03-data-types-and-format: fix metadata & code blocks

maxim-belkin · maxim-belkin · commit 76fef9d7b2b6 · 2018-05-18T12:27:12.000-05:00
diff --git a/_episodes/03-data-types-and-format.md b/_episodes/03-data-types-and-format.md
@@ -3,19 +3,19 @@ title: Data Types and Formats
 teaching: 20
 exercises: 25
 questions:
-  - " What types of data can be contained in a DataFrame?
-  "
-  - " Why is the data type important? "
+  - "What types of data can be contained in a DataFrame?"
+  - "Why is the data type important?"
 objectives:
-    - Describe how information is stored in a Python DataFrame.

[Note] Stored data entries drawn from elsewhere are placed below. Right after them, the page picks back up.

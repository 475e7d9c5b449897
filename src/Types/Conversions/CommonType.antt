-- ===== src/Types/Conversions/CommonType.antt =====
-- The common type of two types: Type::commonType in libsolidity/ast/Types.cpp.
use jules_solidity_pppascal.Common.{
  true, false, none, some, ◌≡◌, Bool, refl, ◌⊎◌, inr, inl, subst, sym, ◌∙◌, if◌then◌else◌, Option,
  ap, some-injective,
}
use jules_solidity_pppascal.Types.{
  bool_type, address_type, enum_type, integer_type, rational_type, mobile_type, fixed_point_type,
  contract_type, vite_token_id_type, ElementaryType, fixed_bytes_type,
}
use jules_solidity_pppascal.Types.Conversions.{common_type, is_implicitly_convertible_to}
use jules_solidity_pppascal.Types.Conversions.Order.{is_plain, implicit_self}

plain_mobile : (a : ElementaryType) → is_plain a ≡ true → mobile_type a ≡ some a
unfolding is_plain mobile_type
plain_mobile (address_type p) plain = refl
plain_mobile vite_token_id_type plain = refl
plain_mobile (integer_type bits s) plain = refl
plain_mobile (rational_type n d r) plain = cc
plain_mobile (fixed_point_type bits digits s) plain = refl
plain_mobile (fixed_bytes_type y) plain = refl
plain_mobile bool_type plain = refl
plain_mobile (contract_type e p u l) plain = cc
plain_mobile (enum_type e m) plain = refl

plain_common :
    (a b : ElementaryType)
    → is_plain a ≡ true
    → is_plain b ≡ true
    → common_type a b ≡ (
        if is_implicitly_convertible_to b a
        then some a
        else if is_implicitly_convertible_to a b
        then some b
        else none)
unfolding common_type
plain_common a b p q =
    let second : Option ElementaryType → Option ElementaryType = λ o. elim o [
      | none ↦ none
      | some m ↦ (if is_implicitly_convertible_to a m then some m else none)
    ] in
    ap
      (λ o. elim o [
        | none ↦ second (mobile_type b)
        | some m ↦ (if is_implicitly_convertible_to b m then some m else second (mobile_type b))
      ])
      (plain_mobile a p)
    ∙ ap (λ o. if is_implicitly_convertible_to b a then some a else second o) (plain_mobile b q)

pick :
    (x y : Bool) (a b c : ElementaryType)
    → (if x then some a else if y then some b else none) ≡ some c
    → ((x ≡ true) × (a ≡ c)) ⊎ ((y ≡ true) × (b ≡ c))
pick true y a b c h = inl (refl, some-injective h)
pick false true a b c h = inr (refl, some-injective h)
pick false false a b c h = cc

-- The common type of two types that are neither literals nor contracts, if there is one, is one of
-- the two, and both convert to it.
pub common_type-converts :
    (a b c : ElementaryType)
    → is_plain a ≡ true
    → is_plain b ≡ true
    → common_type a b ≡ some c
    → ((c ≡ a) ⊎ (c ≡ b))
      × (is_implicitly_convertible_to a c ≡ true)
      × (is_implicitly_convertible_to b c ≡ true)
common_type-converts a b c p q h = elim (pick _ _ a b c (sym (plain_common a b p q) ∙ h)) [
  | inl (converts, same) ↦ (
    inl (sym same),
    subst (λ t. is_implicitly_convertible_to a t ≡ true) same (implicit_self a p),
    subst (λ t. is_implicitly_convertible_to b t ≡ true) same converts,
  )
  | inr (converts, same) ↦ (
    inr (sym same),
    subst (λ t. is_implicitly_convertible_to a t ≡ true) same converts,
    subst (λ t. is_implicitly_convertible_to b t ≡ true) same (implicit_self b q),
  )
]
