-- ===== src/Types/Operators/Converting.antt =====
-- Operands and results of binary operators: binaryOperatorResult in libsolidity/ast/Types.cpp.
use jules_solidity_pppascal.Common.{
  ◌≡◌, some, ℕ, false, true, ◌==◌, none, arith, refl, ◌⊎◌, sym, ◌∙◌, Bool, if◌then◌else◌, ◌||◌, not,
}
use jules_solidity_pppascal.Token.{is_bit_op, is_boolean_op, is_compare_op, is_shift_op}
use jules_solidity_pppascal.Token.Kind.{Token, tok_exp}
use jules_solidity_pppascal.Types.{
  fixed_point_type, ElementaryType, enum_type, bool_type, address_type, fixed_bytes_type,
  rational_type, mobile_type, integer_type, vite_token_id_type, contract_type, Option, ℤ,
}
use jules_solidity_pppascal.Types.Conversions.{is_implicitly_convertible_to, common_type}
use jules_solidity_pppascal.Types.Conversions.CommonType.{common_type-converts}
use jules_solidity_pppascal.Types.Conversions.Order.{is_plain}
use jules_solidity_pppascal.Types.Operators.{
  as_fixed_bytes, compare_binary, binary_operator_result, fixed_binary, is_valid_exponent,
  integer_binary, is_number, bytes_binary, bool_binary, is_valid_shift, operator_of,
}

as_fixed_bytes-some :
    (o : Option ElementaryType) (t : ElementaryType) → as_fixed_bytes o ≡ some t → o ≡ some t
unfolding as_fixed_bytes
as_fixed_bytes-some none t h = cc
as_fixed_bytes-some (some (address_type p)) t h = cc
as_fixed_bytes-some (some vite_token_id_type) t h = cc
as_fixed_bytes-some (some (integer_type bits s)) t h = cc
as_fixed_bytes-some (some (rational_type n d c)) t h = cc
as_fixed_bytes-some (some (fixed_point_type bits digits s)) t h = cc
as_fixed_bytes-some (some (fixed_bytes_type bytes)) t h = h
as_fixed_bytes-some (some bool_type) t h = cc
as_fixed_bytes-some (some (contract_type id p u l)) t h = cc
as_fixed_bytes-some (some (enum_type id members)) t h = cc

-- What the tests of an operator let through is the common type.
passes_number :
    (number shift exp compare boolean : Bool) (x y common : Option ElementaryType)
    (t : ElementaryType)
    → shift ≡ false
    → exp ≡ false
    → (if not number
        then none
        else if shift
        then x
        else if exp
        then y
        else if compare
        then common
        else if boolean
        then none
        else common)
      ≡ some t
    → common ≡ some t
passes_number false shift exp compare boolean x y common t p q h = cc
passes_number true true exp compare boolean x y common t p q h = cc
passes_number true false true compare boolean x y common t p q h = cc
passes_number true false false true boolean x y common t p q h = h
passes_number true false false false true x y common t p q h = cc
passes_number true false false false false x y common t p q h = h

passes_fixed :
    (compare refused : Bool) (common : Option ElementaryType) (t : ElementaryType)
    → (if compare then common else if refused then none else common) ≡ some t
    → common ≡ some t
passes_fixed true refused common t h = h
passes_fixed false true common t h = cc
passes_fixed false false common t h = h

passes_bytes :
    (shift allowed : Bool) (x common : Option ElementaryType) (t : ElementaryType)
    → shift ≡ false
    → (if shift then x else if allowed then common else none) ≡ some t
    → common ≡ some t
passes_bytes true allowed x common t p h = cc
passes_bytes false true x common t p h = h
passes_bytes false false x common t p h = cc

passes_compare :
    (compare : Bool) (common : Option ElementaryType) (t : ElementaryType)
    → (if compare then common else none) ≡ some t
    → common ≡ some t
passes_compare true common t h = h
passes_compare false common t h = cc

integer_binary-common :
    (op : Token) (a b t : ElementaryType)
    → is_shift_op op ≡ false
    → (op == tok_exp) ≡ false
    → integer_binary op a b ≡ some t
    → common_type a b ≡ some t
unfolding integer_binary
integer_binary-common op a b t shift exp h =
    passes_number (is_number b) (is_shift_op op) (op == tok_exp) (is_compare_op op)
      (is_boolean_op op) (if is_valid_shift op b then some a else none)
      (if is_valid_exponent b then some a else none) (common_type a b) t shift exp h

fixed_binary-common :
    (op : Token) (a b t : ElementaryType) → fixed_binary op a b ≡ some t → common_type a b ≡ some t
unfolding fixed_binary
fixed_binary-common op a b t h =
    passes_fixed (is_compare_op op) (is_bit_op op || is_boolean_op op || op == tok_exp)
      (common_type a b) t h

bytes_binary-common :
    (op : Token) (a b t : ElementaryType)
    → is_shift_op op ≡ false
    → bytes_binary op a b ≡ some t
    → common_type a b ≡ some t
unfolding bytes_binary
bytes_binary-common op a b t shift h = as_fixed_bytes-some (common_type a b) t (
    passes_bytes (is_shift_op op) (is_compare_op op || is_bit_op op)
      (if is_valid_shift op b then some a else none) (as_fixed_bytes (common_type a b)) t shift h)

compare_binary-common :
    (op : Token) (a b t : ElementaryType)
    → compare_binary op a b ≡ some t
    → common_type a b ≡ some t
unfolding compare_binary
compare_binary-common op a b t h = passes_compare (is_compare_op op) (common_type a b) t h

bool_binary-common :
    (op : Token) (b t : ElementaryType)
    → bool_binary op b ≡ some t
    → common_type bool_type b ≡ some t
unfolding bool_binary common_type mobile_type
bool_binary-common op bool_type t h = ground arith
bool_binary-common op (address_type p) t h = cc
bool_binary-common op vite_token_id_type t h = cc
bool_binary-common op (integer_type bits s) t h = cc
bool_binary-common op (rational_type n d c) t h = cc
bool_binary-common op (fixed_point_type bits digits s) t h = cc
bool_binary-common op (fixed_bytes_type bytes) t h = cc
bool_binary-common op (contract_type id p u l) t h = cc
bool_binary-common op (enum_type id members) t h = cc

operator_of-common :
    (op : Token) (a b t : ElementaryType)
    → is_shift_op op ≡ false
    → (op == tok_exp) ≡ false
    → operator_of op a b ≡ some t
    → common_type a b ≡ some t
unfolding operator_of
operator_of-common op (address_type p) b t shift exp h =
    compare_binary-common op (address_type p) b t h
operator_of-common op vite_token_id_type b t shift exp h =
    compare_binary-common op vite_token_id_type b t h
operator_of-common op (integer_type bits s) b t shift exp h =
    integer_binary-common op (integer_type bits s) b t shift exp h
operator_of-common op (rational_type n d c) b t shift exp h = cc
operator_of-common op (fixed_point_type bits digits s) b t shift exp h =
    fixed_binary-common op (fixed_point_type bits digits s) b t h
operator_of-common op (fixed_bytes_type bytes) b t shift exp h =
    bytes_binary-common op (fixed_bytes_type bytes) b t shift h
operator_of-common op bool_type b t shift exp h = bool_binary-common op b t h
operator_of-common op (contract_type id p u l) b t shift exp h =
    compare_binary-common op (contract_type id p u l) b t h
operator_of-common op (enum_type id members) b t shift exp h =
    compare_binary-common op (enum_type id members) b t h

not_folded :
    (evaluate : Token → ℤ × ℕ → ℤ × ℕ → Option (ℤ × ℕ)) (op : Token) (a b : ElementaryType)
    → is_plain a ≡ true
    → binary_operator_result evaluate op a b ≡ operator_of op a b
unfolding binary_operator_result is_plain
not_folded evaluate op (address_type p) b plain = refl
not_folded evaluate op vite_token_id_type b plain = refl
not_folded evaluate op (integer_type bits s) b plain = refl
not_folded evaluate op (rational_type n d c) b plain = cc
not_folded evaluate op (fixed_point_type bits digits s) b plain = refl
not_folded evaluate op (fixed_bytes_type bytes) b plain = refl
not_folded evaluate op bool_type b plain = refl
not_folded evaluate op (contract_type id p u l) b plain = refl
not_folded evaluate op (enum_type id members) b plain = refl

-- A binary operator that is neither a shift nor an exponentiation, between two types that are
-- neither literals nor contracts: if it has a result, this is the type of one of the operands, and
-- both operands convert to it implicitly.
pub binary_operator_result-converts :
    (evaluate : Token → ℤ × ℕ → ℤ × ℕ → Option (ℤ × ℕ)) (op : Token) (a b t : ElementaryType)
    → is_plain a ≡ true
    → is_plain b ≡ true
    → is_shift_op op ≡ false
    → (op == tok_exp) ≡ false
    → binary_operator_result evaluate op a b ≡ some t
    → ((t ≡ a) ⊎ (t ≡ b))
      × (is_implicitly_convertible_to a t ≡ true)
      × (is_implicitly_convertible_to b t ≡ true)
binary_operator_result-converts evaluate op a b t p q shift exp h =
    common_type-converts a b t p q
      (operator_of-common op a b t shift exp (sym (not_folded evaluate op a b p) ∙ h))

+    - "Describe how information is stored in a Python DataFrame."
     - "Define the two main types of data in Python: text and numerics."
-    - Examine the structure of a DataFrame.
-    - Modify the format of values in a DataFrame.
-    - Describe how data types impact operations.
-    - Define, manipulate, and interconvert integers and floats in Python.
-    - Analyze datasets having missing/null values (NaN values).
-    - Write manipulated data to a file.
-
+    - "Examine the structure of a DataFrame."
+    - "Modify the format of values in a DataFrame."
+    - "Describe how data types impact operations."
+    - "Define, manipulate, and interconvert integers and floats in Python."
+    - "Analyze datasets having missing/null values (NaN values)."
+    - "Write manipulated data to a file."
+keypoints:
+    - "FIXME"
 ---
 
 The format of individual columns and rows will impact analysis performed on a
@@ -78,45 +78,50 @@ Now that we're armed with a basic understanding of numeric and text data
 types, let's explore the format of our survey data. We'll be working with the
 same `surveys.csv` dataset that we've used in previous lessons.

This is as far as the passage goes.